徐鹤与陈华、老郑头三人不约而同吼出声来。
若是让王猪儿杀出去,那就真的一点挽回余地都没有了。
到时候栟茶场杀官造反的罪名就彻底被按在众人身上了,徐鹤他们之前所做的努力也都白费了!
王猪儿根本不看徐鹤与陈华,脸上露出焦急之色对老郑头道:“大爷,再不冲出去就晚了,咱们栟茶这大几千人今晚全都得交代在这里!”
老郑头面容扭曲,显然内心陷入了两难的挣扎。
徐鹤见状,害怕事情再有反复,于是往前走了一步对王猪儿道:“快,速度引我去见那些官兵!”
王猪儿不理会徐鹤,反而转头看向老郑头。
徐鹤大怒:“快,再犹豫,你们就是栟茶盐场的罪人!”
老郑头闻言咬了咬牙终于下定决心道:“猪儿,你带着徐公子去!”
王猪儿失望地大喊一声:“大爷……”
“快去!”老郑头此时已经有了决断,于是丝毫不为所动。
王猪儿见状,只能恨恨地跺了跺脚,然后瞪向徐鹤。
时间紧急,陈华二话不说,伏在桌上龙飞凤舞写了一封信,然后盖上知县关防递给了徐鹤:“徐,小鹤,保重!”
徐鹤勉强笑了笑安慰道:“没事!”
说完,他就跟着王猪儿离开了屋子。
来到屋外时,徐鹤抬头看天,只见乌云遮蔽了月亮,外面即使有火把引路,也不过照亮五六米的距离。
可就这样,徐鹤不敢耽搁,跟在王猪儿身后,深一脚浅一脚地行走在乡间土路上。
王猪儿也许是生气老郑头相信徐鹤这个外人,遇到坎坷之处从来不提醒徐鹤,搞得徐鹤摔倒几次,有一次甚至滚进了水塘,整个人狼狈不已。
但徐鹤咬紧牙关,摔倒了爬起来就跟在王猪儿后面,一句抱怨都没有。
王猪儿一开始还有点幸灾乐祸,后来见徐鹤这副做派,心里也有点佩服,于是故意走慢了些,让徐鹤能看到火把的光。
就这样,两人摸黑朝场外走去。
其实盐场为了方便管理,栟茶是有护栏隔绝的,虽然这些护栏不高,但大多建在海水引出的沟上方。

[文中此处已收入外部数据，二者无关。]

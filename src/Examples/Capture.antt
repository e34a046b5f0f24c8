-- ===== src/Examples/Capture.antt =====
-- Packets and fragments of a capture: a frame with an IPv4 header, and fragments in two orders.
use mysqlpcap.Base.{codes, ◌≡◌, refl, ◌⊎◌, ◌↔◌, true, ℕ, ◌≤◌, ◌<◌, some, Bytes, [], ◌∷◌, arith}
use mysqlpcap.Detect.{detect_eth_header_size, min_eth_size, max_eth_size}
use mysqlpcap.Detect.Sound.{IsIpHeaderAt, detect_eth_header_size-first}
use mysqlpcap.Fragments
use mysqlpcap.Fragments.{IpStream, get_first_fragment, remaining_fragments, find}
use mysqlpcap.Fragments.InOrder.{enqueue_all, enqueue_all_in_order}
use mysqlpcap.Fragments.Stale.{order, enqueue_misorders}
use mysqlpcap.Manager.Text.{strncasestr, Occurs, strncasestr-Occurs}

-- An Ethernet header of 14 bytes, and an IPv4 header of 20 with that total length.
abbrev frame : Bytes
frame =
    1 ∷ 2 ∷ 3 ∷ 4 ∷ 5 ∷ 6 ∷ 0xaa ∷ 0xbb ∷ 0xcc ∷ 0xdd ∷ 0xee ∷ 0xff ∷ 8 ∷ 0 ∷ 0x45 ∷ 0 ∷ 0 ∷ 20 ∷ 0
    ∷ 0 ∷ 0 ∷ 0 ∷ 0x40 ∷ 6 ∷ 0 ∷ 0 ∷ 1 ∷ 1 ∷ 1 ∷ 1 ∷ 2 ∷ 2 ∷ 2 ∷ 2 ∷ []

detect_frame : detect_eth_header_size 34 frame ≡ some 14
unfolding detect_eth_header_size
detect_frame = refl

detect_eth_header_size-first_example :
    ((n : ℕ) × (detect_eth_header_size 34 frame ≡ some n)
      × (min_eth_size ≤ n)
      × (n ≤ max_eth_size)
      × IsIpHeaderAt frame n 34
      × ((m : ℕ) → min_eth_size ≤ m → m < n → ¬ IsIpHeaderAt frame m 34))
    ⊎ ((detect_eth_header_size 34 frame ≡ some 0)
        × ((m : ℕ) → min_eth_size ≤ m → m ≤ max_eth_size → ¬ IsIpHeaderAt frame m 34))
detect_eth_header_size-first_example = detect_eth_header_size-first frame 34 (omega arith)

abbrev no_fragments : IpStream
no_fragments = Fragments.empty

enqueue_all_in_order_example :
    (t : IpStream) × (enqueue_all no_fragments 9 ((0, 1 ∷ []) ∷ (185, 2 ∷ []) ∷ (370, 3 ∷ []) ∷ [])
      ≡ some t)
    × (get_first_fragment t 9 ≡ some (some (1 ∷ [])))
    × (remaining_fragments t 9 ≡ some ((2 ∷ []) ∷ (3 ∷ []) ∷ []))
unfolding find
enqueue_all_in_order_example =
    enqueue_all_in_order no_fragments 9 0 (1 ∷ []) ((185, 2 ∷ []) ∷ (370, 3 ∷ []) ∷ [])
      (omega arith) refl (omega arith, (omega arith, tt))

enqueue_misorders_example :
    order 9 0 555 185 370 (1 ∷ []) (4 ∷ []) (2 ∷ []) (3 ∷ [])
    ≡ some (some (1 ∷ []), (3 ∷ []) ∷ (2 ∷ []) ∷ (4 ∷ []) ∷ [])
enqueue_misorders_example =
    enqueue_misorders 9 0 555 185 370 (1 ∷ []) (4 ∷ []) (2 ∷ []) (3 ∷ []) (omega arith)
      (omega arith) (omega arith)

strncasestr-Occurs_example :
    (strncasestr (codes "SELECT 1") (b's' ∷ codes "elect") ≡ true)
    ↔ Occurs (b's' ∷ codes "elect") (codes "SELECT 1")
strncasestr-Occurs_example =
    strncasestr-Occurs (codes "SELECT 1") b's' (codes "elect") (omega arith)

平日里出入栟茶只有盐场的大门,也就是那日徐岱进场的地儿。
当徐鹤二人来到木栅做成的大门处时,他已经远远看到有火光排成长龙正在沿路快速赶来。
徐鹤二话不说,便踏出了木栅大门朝火光处走去。
王猪儿犹豫片刻,咬了咬牙也跟了上去。
徐鹤一边走,一边朝火光看去,粗略一数,火把约莫千来根的样子,若是其他两处也是这个规模,来的官军最少也是三千人上下。

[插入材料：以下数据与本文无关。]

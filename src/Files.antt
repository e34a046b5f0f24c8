-- ===== src/Files.antt =====
-- The POSIX calls that the program makes on an open file: a parameter of the model.
use mysqlpcap.Base.{ℕ, ◌≡◌, ◌++◌, Option, some, Bytes, length, take, drop}

-- `write` gives the number of bytes written and `read` the bytes that it has put into the buffer;
-- `none` is the result -1.
pub record Files : Type 1 where
  pub File : Type 0
  pub write : File → Bytes → File × Option ℕ
  pub read : File → ℕ → File × Option Bytes

-- What POSIX says of a regular file on a disk that is not full: a write puts all its bytes behind
-- those written before, and a read takes as many as it is asked for, or all that are left.
pub record IsRegular (os : Files) : Type 0 where
  pub written : os.File → Bytes
  pub remaining : os.File → Bytes
  pub write_all : (f : os.File) (bs : Bytes) → (os.write f bs).1 ≡ some (length bs)
  pub write_behind : (f : os.File) (bs : Bytes) → written (os.write f bs).0 ≡ written f ++ bs
  pub read_next : (f : os.File) (n : ℕ) → (os.read f n).1 ≡ some (take n (remaining f))
  pub read_past : (f : os.File) (n : ℕ) → remaining (os.read f n).0 ≡ drop n (remaining f)

-- A file in memory: what was written to it, and what is left to read.
abbrev pub memory : Files
memory = record {
  File = Bytes × Bytes;
  write = λ (w, r) bs. ((w ++ bs, r), some (length bs));
  read = λ (w, r) n. ((w, drop n r), some (take n r));
}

能调动这么多官军,地方官肯定没这个能力,也就是说,这件事如今最少已经捅到南直隶兵部了。
想到此节,徐鹤心中一沉,这件事的性质现在还很难定性,若是牵扯的衙门越多,官员们基于利益考量,说法也会不一。
有的人想把事情按下去,有的人想将问题披露出来。
有的人想借这件事实现自己的目的,有的人想靠着这件事升官发财。
但不管怎样,越多人知道,也就意味着人多口杂,风险呈指数级别提升。
就在徐鹤忧心忡忡之际,距离栟茶场二里地的土坡之上,一个头戴凤翅抹额盔,身穿吞口兽金属札甲的将军正在一座荒废的茅庵草舍外的石碾上看着地图。
他的旁边有一棵高大的银杏树耸立在院中,门口肃静无声地伫立着一队衣甲整齐的亲兵,这些亲兵个个身材魁梧、浓眉大眼,像极了龙门石窟中天王和力士的石雕。

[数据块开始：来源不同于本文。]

-- ===== src/Packet.antt =====
-- mysql_packet.h and mysql_packet.cc: the packet, its counters and its methods, but for the replay
-- file. `none` is a fault: a read outside the bytes that a buffer holds, a copy past the end of a
-- buffer, or a failed assertion. A `u_int` wraps at 2^32.
pub mod Append
pub mod Bounds
pub mod Captured
pub mod Counters
use mysqlpcap.Base.{
  ℕ, ◌+◌, ◌-◌, ◌*◌, ◌%◌, ◌^◌, Bool, true, false, not, ◌&&◌, Option, none, some, [], ◌∷◌, ◌++◌,
  Bytes, length, take, drop, get_elem?, ltb, leb, ◌==◌, if◌then◌else◌,
}
use mysqlpcap.Base.Int.{ℤ, pos, sub_ℕ}
use mysqlpcap.Base.Maybe.{◌>>=◌}

-- `struct timeval`, of times since the epoch
pub record Timeval : Type 0 where
  pub tv_sec : ℕ
  pub tv_usec : ℕ

-- The address of a packet; 0 is the null pointer.
abbrev pub Ptr : Type 0
Ptr = ℕ

abbrev pub null : Ptr
null = 0

-- `data` is `none` for the null pointer. Otherwise it is a buffer of `len` bytes, of which the
-- list holds those that were written. `exec_time` is in microseconds.
pub record Packet : Type 0 where
  pub ref_count : ℕ
  pub exec_time : ℤ
  pub is_in : Bool
  pub ts : Timeval
  pub payload : Option Bytes
  pub len : ℕ
  pub cur_len : ℕ
  pub next : Ptr
  pub prev : Ptr

-- `Perf_stats`: counters of 64 bits
pub record PerfStats : Type 0 where
  pub pkt_mem_in_use : ℕ
  pub pkt_alloced : ℕ
  pub pkt_freed : ℕ

-- The constructor `Mysql_packet(ts, len, in)` with `init`.
unfoldable pub make : Timeval → (len : ℕ) → (is_in : Bool) → PerfStats → Packet × PerfStats
make ts len is_in perf = (
  record {
    ref_count = 0;
    exec_time = pos 0;
    is_in = is_in;
    ts = ts;
    payload = some [];
    len = len;
    cur_len = 0;
    next = null;
    prev = null;
  },
  record perf {
    pkt_mem_in_use = (perf.pkt_mem_in_use + len) % 2 ^ 64;
    pkt_alloced = (perf.pkt_alloced + 1) % 2 ^ 64;
  },
)

-- The default constructor: no buffer. The fields that it leaves unset are 0 here.
abbrev pub empty : Packet
empty = record {
  ref_count = 0;
  exec_time = pos 0;
  is_in = false;
  ts = record { tv_sec = 0; tv_usec = 0 };
  payload = none;
  len = 0;
  cur_len = 0;
  next = null;
  prev = null;
}

unfoldable pub cleanup : Packet → PerfStats → Packet × PerfStats
cleanup p perf = elim p.payload [
  | none ↦ (p, perf)
  | some _ ↦ (
    record p { payload = none },
    record perf {
      pkt_mem_in_use = (perf.pkt_mem_in_use + 2 ^ 64 - p.len) % 2 ^ 64;
      pkt_freed = (perf.pkt_freed + 1) % 2 ^ 64;
    },
  )
]

unfoldable pub mark_ref : Packet → Option Packet
mark_ref p = if leb p.ref_count 2 then some (record p { ref_count = p.ref_count + 1 }) else none

-- The flag says that the last reference is gone.
unfoldable pub unmark_ref : Packet → PerfStats → Option (Packet × PerfStats × Bool)
unfolding cleanup
unmark_ref p perf =
    if p.ref_count == 0
    then none
    else if p.ref_count == 1
    then some (let (q, perf') = cleanup (record p { ref_count = 0 }) perf in (q, perf', true))
    else some (record p { ref_count = p.ref_count - 1 }, perf, false)

-- `memcpy(data + off, src, n)` into a buffer of `size` bytes.
unfoldable pub memcpy : Option Bytes → (size off : ℕ) → (src : Bytes) → Option (Option Bytes)
memcpy none size off src = none
memcpy (some bs) size off src =
    if leb (off + length src) size
    then some (some (take off bs ++ src ++ drop (off + length src) bs))
    else none

-- The number of bytes that `append` copies.
unfoldable pub append_len : Packet → (try_append_len : ℕ) → ℕ
append_len p n =
    if ltb p.len ((p.cur_len + n) % 2 ^ 32) then (p.len + 2 ^ 32 - p.cur_len) % 2 ^ 32 else n

-- The packet and what is left of `*try_append_len`. The source holds `*try_append_len` bytes.
unfoldable pub append : Packet → (append_data : Bytes) → Option (Packet × ℕ)
unfolding append_len memcpy
append p src =
    let n = append_len p (length src) in
    if n == 0 then some (p, length src) else do
      payload ← memcpy p.payload p.len p.cur_len (take n src)
      some (record p { payload = payload; cur_len = p.cur_len + n }, length src - n)

abbrev pub is_complete : Packet → Bool
is_complete p = p.len == p.cur_len

-- `data[i]`
unfoldable pub byte : Packet → ℕ → Option ℕ
byte p i = elim p.payload [ none ↦ none | some bs ↦ get_elem? bs i ]

unfoldable pub is_query : Packet → Option Bool
unfolding byte
is_query p = do b ← byte p 0; some (b == 0x3 && p.is_in)

unfoldable pub is_eof : Packet → Option Bool
unfolding byte
is_eof p = do b ← byte p 0; some (b == 0xfe && not p.is_in)

-- In microseconds: the program has the same value in seconds, as a double.
unfoldable pub ts_diff : Packet → (other : Packet) → ℤ
ts_diff p other =
    sub_ℕ (other.ts.tv_sec * 1000000 + other.ts.tv_usec) (p.ts.tv_sec * 1000000 + p.ts.tv_usec)

-- `Mysql_query_packet::query` with `query_len`: the bytes behind the command byte.
unfoldable pub query : Packet → Bytes
query p = elim p.payload [ none ↦ [] | some bs ↦ drop 1 (take p.len bs) ]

他们中的一人一手牵着一匹白马,一手紧紧地扶着一面红色大旗。
这幅大旗带着用雪白马鬃做的旗缨和银制的,闪着白光的旗枪尖儿,旗中心用黑缎子绣着一个斗大的【陈】字。
“报!”肃杀安静的环境下,突然有传令兵从外飞跑进院内,只见他气还没喘匀乎就对院中那将军道:“另两路皆已到位,只等大人一声炮响便齐齐杀入栟茶场内!”
那将军没有抬头,仍然看着地图说道:“场中有没有动静?”
“在我们亮起火把之前,场中已经开始骚动,火把穿行场内,显是知道大军到了!”
那将军点了点头又道:“后队跟上来没?”
“跟上来了!”
传令兵的话音刚落,又有一兵士冲了进来:“禀告大人,场中出来两人,说是要见大人!”
那将军闻言明显一愣,他没想到,这节骨眼上栟茶场竟然还有人敢要见自己。
这时,从屋内又走出一个武将打扮的人,他手里端着水,一边递给那将军,一边笑道:“怕是来请降的!”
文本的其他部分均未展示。